<<<<

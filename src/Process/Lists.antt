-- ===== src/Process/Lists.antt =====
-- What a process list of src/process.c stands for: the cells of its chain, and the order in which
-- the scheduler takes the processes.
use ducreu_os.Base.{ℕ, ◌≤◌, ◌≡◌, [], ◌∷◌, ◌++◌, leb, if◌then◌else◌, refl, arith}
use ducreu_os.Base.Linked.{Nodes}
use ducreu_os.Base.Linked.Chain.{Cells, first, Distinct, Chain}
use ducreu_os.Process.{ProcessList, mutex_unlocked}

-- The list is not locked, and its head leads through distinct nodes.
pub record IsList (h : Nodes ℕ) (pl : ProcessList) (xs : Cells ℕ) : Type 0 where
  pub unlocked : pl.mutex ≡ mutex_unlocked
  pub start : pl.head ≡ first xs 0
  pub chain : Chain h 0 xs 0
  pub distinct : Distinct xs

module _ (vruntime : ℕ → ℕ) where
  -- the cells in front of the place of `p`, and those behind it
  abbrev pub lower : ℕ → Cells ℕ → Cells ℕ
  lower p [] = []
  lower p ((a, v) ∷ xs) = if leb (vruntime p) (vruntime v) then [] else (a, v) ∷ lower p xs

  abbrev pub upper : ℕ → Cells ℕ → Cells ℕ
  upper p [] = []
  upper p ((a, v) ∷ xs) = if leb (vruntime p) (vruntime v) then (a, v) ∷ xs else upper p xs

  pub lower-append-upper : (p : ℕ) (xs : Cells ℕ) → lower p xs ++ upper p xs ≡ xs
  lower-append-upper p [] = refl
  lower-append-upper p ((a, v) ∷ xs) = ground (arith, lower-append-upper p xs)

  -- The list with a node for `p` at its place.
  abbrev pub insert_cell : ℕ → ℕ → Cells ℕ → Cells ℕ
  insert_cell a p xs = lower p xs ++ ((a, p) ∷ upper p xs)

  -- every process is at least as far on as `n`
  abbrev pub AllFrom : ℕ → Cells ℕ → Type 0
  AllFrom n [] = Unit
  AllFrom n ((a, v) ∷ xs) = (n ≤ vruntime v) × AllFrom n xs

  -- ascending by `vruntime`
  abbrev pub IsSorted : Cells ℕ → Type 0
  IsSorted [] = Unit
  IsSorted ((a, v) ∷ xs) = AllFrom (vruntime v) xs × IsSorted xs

>>>>
<<<<

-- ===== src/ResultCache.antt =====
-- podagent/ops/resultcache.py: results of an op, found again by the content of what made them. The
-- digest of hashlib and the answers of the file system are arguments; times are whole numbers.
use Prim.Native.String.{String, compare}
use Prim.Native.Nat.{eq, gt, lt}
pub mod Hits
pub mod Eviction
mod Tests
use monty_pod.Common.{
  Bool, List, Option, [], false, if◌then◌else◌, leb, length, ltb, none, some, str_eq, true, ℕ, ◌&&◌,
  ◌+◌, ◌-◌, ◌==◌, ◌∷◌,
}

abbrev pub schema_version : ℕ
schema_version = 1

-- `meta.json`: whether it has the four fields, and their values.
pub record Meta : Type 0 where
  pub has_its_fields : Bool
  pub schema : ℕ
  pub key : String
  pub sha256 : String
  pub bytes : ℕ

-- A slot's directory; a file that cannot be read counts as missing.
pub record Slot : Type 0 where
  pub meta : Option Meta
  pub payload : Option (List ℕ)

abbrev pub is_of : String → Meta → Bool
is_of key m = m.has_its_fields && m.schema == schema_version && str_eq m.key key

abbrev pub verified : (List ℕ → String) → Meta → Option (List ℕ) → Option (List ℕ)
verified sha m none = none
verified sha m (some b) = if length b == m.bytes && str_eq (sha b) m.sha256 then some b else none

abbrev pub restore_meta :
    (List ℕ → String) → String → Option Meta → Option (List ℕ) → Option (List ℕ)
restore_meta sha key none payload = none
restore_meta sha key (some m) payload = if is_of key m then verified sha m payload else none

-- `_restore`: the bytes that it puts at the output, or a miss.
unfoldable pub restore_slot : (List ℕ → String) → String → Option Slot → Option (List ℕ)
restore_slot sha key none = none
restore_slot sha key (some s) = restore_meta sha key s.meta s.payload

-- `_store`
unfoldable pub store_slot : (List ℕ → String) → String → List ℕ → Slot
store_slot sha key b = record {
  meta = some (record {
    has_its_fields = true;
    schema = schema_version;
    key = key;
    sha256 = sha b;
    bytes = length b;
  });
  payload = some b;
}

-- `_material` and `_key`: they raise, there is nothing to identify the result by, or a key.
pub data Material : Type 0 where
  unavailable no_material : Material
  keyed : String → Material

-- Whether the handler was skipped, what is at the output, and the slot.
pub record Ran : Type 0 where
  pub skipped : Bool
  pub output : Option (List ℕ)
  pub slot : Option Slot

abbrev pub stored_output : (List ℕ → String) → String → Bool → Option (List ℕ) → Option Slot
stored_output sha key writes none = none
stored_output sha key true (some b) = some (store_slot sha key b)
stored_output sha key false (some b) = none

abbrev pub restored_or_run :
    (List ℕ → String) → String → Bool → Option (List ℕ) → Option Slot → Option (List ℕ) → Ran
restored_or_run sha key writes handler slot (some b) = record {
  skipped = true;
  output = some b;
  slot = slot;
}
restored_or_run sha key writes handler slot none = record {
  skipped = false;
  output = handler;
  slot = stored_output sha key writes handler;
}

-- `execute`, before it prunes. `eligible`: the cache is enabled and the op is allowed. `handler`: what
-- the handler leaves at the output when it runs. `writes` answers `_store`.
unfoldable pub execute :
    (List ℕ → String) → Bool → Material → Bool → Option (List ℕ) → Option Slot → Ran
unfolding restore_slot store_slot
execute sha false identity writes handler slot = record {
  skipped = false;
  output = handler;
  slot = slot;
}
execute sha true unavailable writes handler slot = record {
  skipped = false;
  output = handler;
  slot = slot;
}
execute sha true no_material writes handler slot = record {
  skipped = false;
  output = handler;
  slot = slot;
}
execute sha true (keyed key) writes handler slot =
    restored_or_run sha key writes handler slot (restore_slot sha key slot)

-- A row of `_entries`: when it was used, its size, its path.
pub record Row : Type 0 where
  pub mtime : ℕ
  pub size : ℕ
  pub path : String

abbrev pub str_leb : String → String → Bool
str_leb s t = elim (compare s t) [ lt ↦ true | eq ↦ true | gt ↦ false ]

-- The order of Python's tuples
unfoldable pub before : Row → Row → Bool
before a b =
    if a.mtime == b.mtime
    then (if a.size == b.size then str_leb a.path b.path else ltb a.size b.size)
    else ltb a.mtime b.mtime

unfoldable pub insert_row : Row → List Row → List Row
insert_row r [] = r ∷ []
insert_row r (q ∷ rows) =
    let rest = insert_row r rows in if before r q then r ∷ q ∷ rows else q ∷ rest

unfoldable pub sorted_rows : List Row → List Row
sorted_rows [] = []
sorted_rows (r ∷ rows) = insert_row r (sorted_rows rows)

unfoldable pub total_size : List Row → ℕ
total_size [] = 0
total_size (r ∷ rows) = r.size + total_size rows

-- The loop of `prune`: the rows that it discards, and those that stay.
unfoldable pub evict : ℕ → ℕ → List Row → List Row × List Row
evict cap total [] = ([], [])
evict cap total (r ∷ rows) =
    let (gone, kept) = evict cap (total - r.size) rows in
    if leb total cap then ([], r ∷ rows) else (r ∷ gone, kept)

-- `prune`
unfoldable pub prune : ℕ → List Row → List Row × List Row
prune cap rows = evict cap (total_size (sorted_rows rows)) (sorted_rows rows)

>>>>

= Problem to work on =
Where does the word "Lists" appear in the material above? Copy every line that holds it.

= Reply to the task =
filename src/Process/Lists.antt
-- ===== src/Process/Lists.antt =====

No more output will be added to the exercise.